■ Exercise
Each entry needs to be reproduced verbatim.
Start of Material for this task
-- ===== src/Session/Records.antt =====
-- harness/session_state.py and harness/ledger.py, the data: a session's live.json, the ledgers of its
-- runs, and the arguments of the transitions.
use dc_ness.Base.{
  ℕ, Text, text_eq, Bool, true, false, not, Option, none, some, List, if◌then◌else◌, is_empty,
}
use dc_ness.Base.Dict.{Dict}

-- A moment is a number of seconds. A text that is missing or null is `none`.
pub record Step : Type 0 where
  pub agent : Text
  pub mode : Option Text
  pub started_at : ℕ
  pub steps_count_at_begin : ℕ
  pub tool_use_id : Option Text
  pub agent_id : Option Text
  pub lifecycle_owner : Option Text
  pub candidate_head : Option Text
  pub candidate_tree : Option Text
  pub candidate_root : Option Text
  pub chain_state : Option Text
  pub prose_file : Option Text

pub record Pending : Type 0 where
  pub tool_use_id : Text
  pub sub_type : Text
  pub mode : Option Text
  pub background : Bool
  pub auto_start : Bool
  pub started_at : ℕ
  pub agent_id : Option Text
  pub spawned_at : Option ℕ

-- The marker of a blocked run.
pub record Block : Type 0 where
  pub category : Text
  pub at : ℕ
  pub agent : Option Text
  pub mode : Option Text
  pub provider : Option Text
  pub reason : Option Text
  pub raw_log : Option Text

-- The journeys that were put off: no entry, a value that is not a list of texts, or the list.
pub data Deferral : Type 0 where
  absent corrupt : Deferral
  deferred : List Text → Deferral

pub record Slot : Type 0 where
  pub entry_point : Text
  pub started_at : ℕ
  pub last_confirmed_at : ℕ
  pub completed_at : Option ℕ
  pub finalized_at : Option ℕ
  pub current_step : Option Step
  pub issue_num : Option Text
  pub design_doc : Option Text
  pub lane : Option Text
  pub stage : Option Text
  pub acceptance_required : Bool
  pub blocked : Option Block
  pub pending_agents : Dict Text Pending
  pub stop_block_count : Dict Text ℕ
  pub journey_deferred : Deferral

pub record Marker : Type 0 where
  pub at : ℕ
  pub reason : Text

-- A slot that is not an object is `none`.
pub record Live : Type 0 where
  pub active_runs : Dict Text (Option Slot)
  pub active_agent : Option Text
  pub active_mode : Option Text
  pub post_task_markers : List Marker

pub data LiveFile : Type 0 where
  missing malformed : LiveFile
  live_doc : Live → LiveFile

-- EVENT_TYPES
pub data EventType : Type 0 where
  run_started step_started step_aborted step_completed validator_passed validator_failed : EventType
  pr_created pr_merged task_completed blocked run_finished : EventType
  acceptance_required_marked boundary_block_accepted : EventType

-- A record of the ledger, by the fields that are read again. What a receipt derives of its prose for
-- the reader (the excerpt, the findings, the evidence, the next action) is left out.
pub record Event : Type 0 where
  pub event : EventType
  pub ts : ℕ
  pub agent : Option Text
  pub mode : Option Text
  pub tool_use_id : Option Text
  pub agent_id : Option Text
  pub provider : Option Text
  pub category : Option Text
  pub reason : Option Text
  pub raw_log : Option Text
  pub enum : Option Text
  pub prose_file : Option Text
  pub sha256 : Option Text
  pub candidate_head : Option Text
  pub candidate_tree : Option Text
  pub candidate_root : Option Text

abbrev pub new_event : EventType → ℕ → Event
new_event event ts = record {
  event = event;
  ts = ts;
  agent = none;
  mode = none;
  tool_use_id = none;
  agent_id = none;
  provider = none;
  category = none;
  reason = none;
  raw_log = none;
  enum = none;
  prose_file = none;
  sha256 = none;
  candidate_head = none;
  candidate_tree = none;
  candidate_root = none;
}

-- A ledger that is not readable as events, or the events of its file; no file has none.
pub data Ledger : Type 0 where
  unreadable : Ledger
  events : List Event → Ledger

-- What a call raises.
pub data Error : Type 0 where
  state_format ledger_format invalid_session_id invalid_run_id : Error
  entry_point_empty bad_lane bad_stage acceptance_not_impl design_doc_not_impl bad_design_doc :
      Error
  already_active not_active category_empty reason_empty no_boundary_block not_manual : Error
  slot_format agent_empty identity_mismatch step_missing deferral_corrupt : Error

pub data Result {ℓ} (A : Type ℓ) : Type ℓ where
  ok : A → Result A
  err : Error → Result A

infixl 5 ◌>>=◌
abbrev pub ◌>>=◌ {ℓ κ} : {A : Type ℓ} {B : Type κ} → Result A → (A → Result B) → Result B
ok a >>= f = f a
err e >>= f = err e

abbrev pub guard : Bool → Error → Result (Unit {0})
guard true e = ok tt
guard false e = err e

infixl 5 ◌>>◌
abbrev pub ◌>>◌ {ℓ} : {B : Type ℓ} → Result (Unit {0}) → Result B → Result B
m >> k = m >>= λ _. k

-- What Python takes for true of an optional text, and the text then.
abbrev pub truthy : Option Text → Bool
truthy none = false
truthy (some t) = not (is_empty t)

abbrev pub present : Option Text → Option Text
present none = none
present (some t) = if is_empty t then none else some t

-- The other parts of the program and the machine: whether a receipt's prose is on the disk with the
-- digest that it has, the path of a design document that is accepted, and the conclusion that a
-- prose file is read to have.
pub record Files : Type 0 where
  pub receipt_is_valid : Event → Bool
  pub design_doc : Text → Option Text
  pub sha256 : Text → Text
  pub conclusion : Text → Text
End of Material for this task
■ Output for this exercise
-- ===== src/Session/Records.antt =====
-- harness/session_state.py and harness/ledger.py, the data: a session's live.json, the ledgers of its
-- runs, and the arguments of the transitions.
use dc_ness.Base.{
  ℕ, Text, text_eq, Bool, true, false, not, Option, none, some, List, if◌then◌else◌, is_empty,
}
use dc_ness.Base.Dict.{Dict}

-- A moment is a number of seconds. A text that is missing or null is `none`.
pub record Step : Type 0 where
  pub agent : Text
  pub mode : Option Text
  pub started_at : ℕ
  pub steps_count_at_begin : ℕ
  pub tool_use_id : Option Text
  pub agent_id : Option Text
  pub lifecycle_owner : Option Text
  pub candidate_head : Option Text
  pub candidate_tree : Option Text
  pub candidate_root : Option Text
  pub chain_state : Option Text
  pub prose_file : Option Text

pub record Pending : Type 0 where
  pub tool_use_id : Text
  pub sub_type : Text
  pub mode : Option Text
  pub background : Bool
  pub auto_start : Bool
  pub started_at : ℕ
  pub agent_id : Option Text
  pub spawned_at : Option ℕ

-- The marker of a blocked run.
pub record Block : Type 0 where
  pub category : Text
  pub at : ℕ
  pub agent : Option Text
  pub mode : Option Text
  pub provider : Option Text
  pub reason : Option Text
  pub raw_log : Option Text

-- The journeys that were put off: no entry, a value that is not a list of texts, or the list.
pub data Deferral : Type 0 where
  absent corrupt : Deferral
  deferred : List Text → Deferral

pub record Slot : Type 0 where
  pub entry_point : Text
  pub started_at : ℕ
  pub last_confirmed_at : ℕ
  pub completed_at : Option ℕ
  pub finalized_at : Option ℕ
  pub current_step : Option Step
  pub issue_num : Option Text
  pub design_doc : Option Text
  pub lane : Option Text
  pub stage : Option Text
  pub acceptance_required : Bool
  pub blocked : Option Block
  pub pending_agents : Dict Text Pending
  pub stop_block_count : Dict Text ℕ
  pub journey_deferred : Deferral

pub record Marker : Type 0 where
  pub at : ℕ
  pub reason : Text

-- A slot that is not an object is `none`.
pub record Live : Type 0 where
  pub active_runs : Dict Text (Option Slot)
  pub active_agent : Option Text
  pub active_mode : Option Text
  pub post_task_markers : List Marker

pub data LiveFile : Type 0 where
  missing malformed : LiveFile
  live_doc : Live → LiveFile

-- EVENT_TYPES
pub data EventType : Type 0 where
  run_started step_started step_aborted step_completed validator_passed validator_failed : EventType
  pr_created pr_merged task_completed blocked run_finished : EventType
  acceptance_required_marked boundary_block_accepted : EventType

-- A record of the ledger, by the fields that are read again. What a receipt derives of its prose for
-- the reader (the excerpt, the findings, the evidence, the next action) is left out.
pub record Event : Type 0 where
  pub event : EventType
  pub ts : ℕ
  pub agent : Option Text
  pub mode : Option Text
  pub tool_use_id : Option Text
  pub agent_id : Option Text
  pub provider : Option Text
  pub category : Option Text
  pub reason : Option Text
  pub raw_log : Option Text
  pub enum : Option Text
  pub prose_file : Option Text
  pub sha256 : Option Text
  pub candidate_head : Option Text
  pub candidate_tree : Option Text
  pub candidate_root : Option Text

abbrev pub new_event : EventType → ℕ → Event
new_event event ts = record {
  event = event;
  ts = ts;
  agent = none;
  mode = none;
  tool_use_id = none;
  agent_id = none;
  provider = none;
  category = none;
  reason = none;
  raw_log = none;
  enum = none;
  prose_file = none;
  sha256 = none;
  candidate_head = none;
  candidate_tree = none;
  candidate_root = none;
}

-- A ledger that is not readable as events, or the events of its file; no file has none.
pub data Ledger : Type 0 where
  unreadable : Ledger
  events : List Event → Ledger

-- What a call raises.
pub data Error : Type 0 where
  state_format ledger_format invalid_session_id invalid_run_id : Error
  entry_point_empty bad_lane bad_stage acceptance_not_impl design_doc_not_impl bad_design_doc :
      Error
  already_active not_active category_empty reason_empty no_boundary_block not_manual : Error
  slot_format agent_empty identity_mismatch step_missing deferral_corrupt : Error

pub data Result {ℓ} (A : Type ℓ) : Type ℓ where
  ok : A → Result A
  err : Error → Result A

infixl 5 ◌>>=◌
abbrev pub ◌>>=◌ {ℓ κ} : {A : Type ℓ} {B : Type κ} → Result A → (A → Result B) → Result B
ok a >>= f = f a
err e >>= f = err e

abbrev pub guard : Bool → Error → Result (Unit {0})
guard true e = ok tt
guard false e = err e

infixl 5 ◌>>◌
abbrev pub ◌>>◌ {ℓ} : {B : Type ℓ} → Result (Unit {0}) → Result B → Result B
m >> k = m >>= λ _. k

-- What Python takes for true of an optional text, and the text then.
abbrev pub truthy : Option Text → Bool
truthy none = false
truthy (some t) = not (is_empty t)

abbrev pub present : Option Text → Option Text
present none = none
present (some t) = if is_empty t then none else some t

-- The other parts of the program and the machine: whether a receipt's prose is on the disk with the
-- digest that it has, the path of a design document that is accepted, and the conclusion that a
-- prose file is read to have.
pub record Files : Type 0 where
  pub receipt_is_valid : Event → Bool
  pub design_doc : Text → Option Text
  pub sha256 : Text → Text
  pub conclusion : Text → Text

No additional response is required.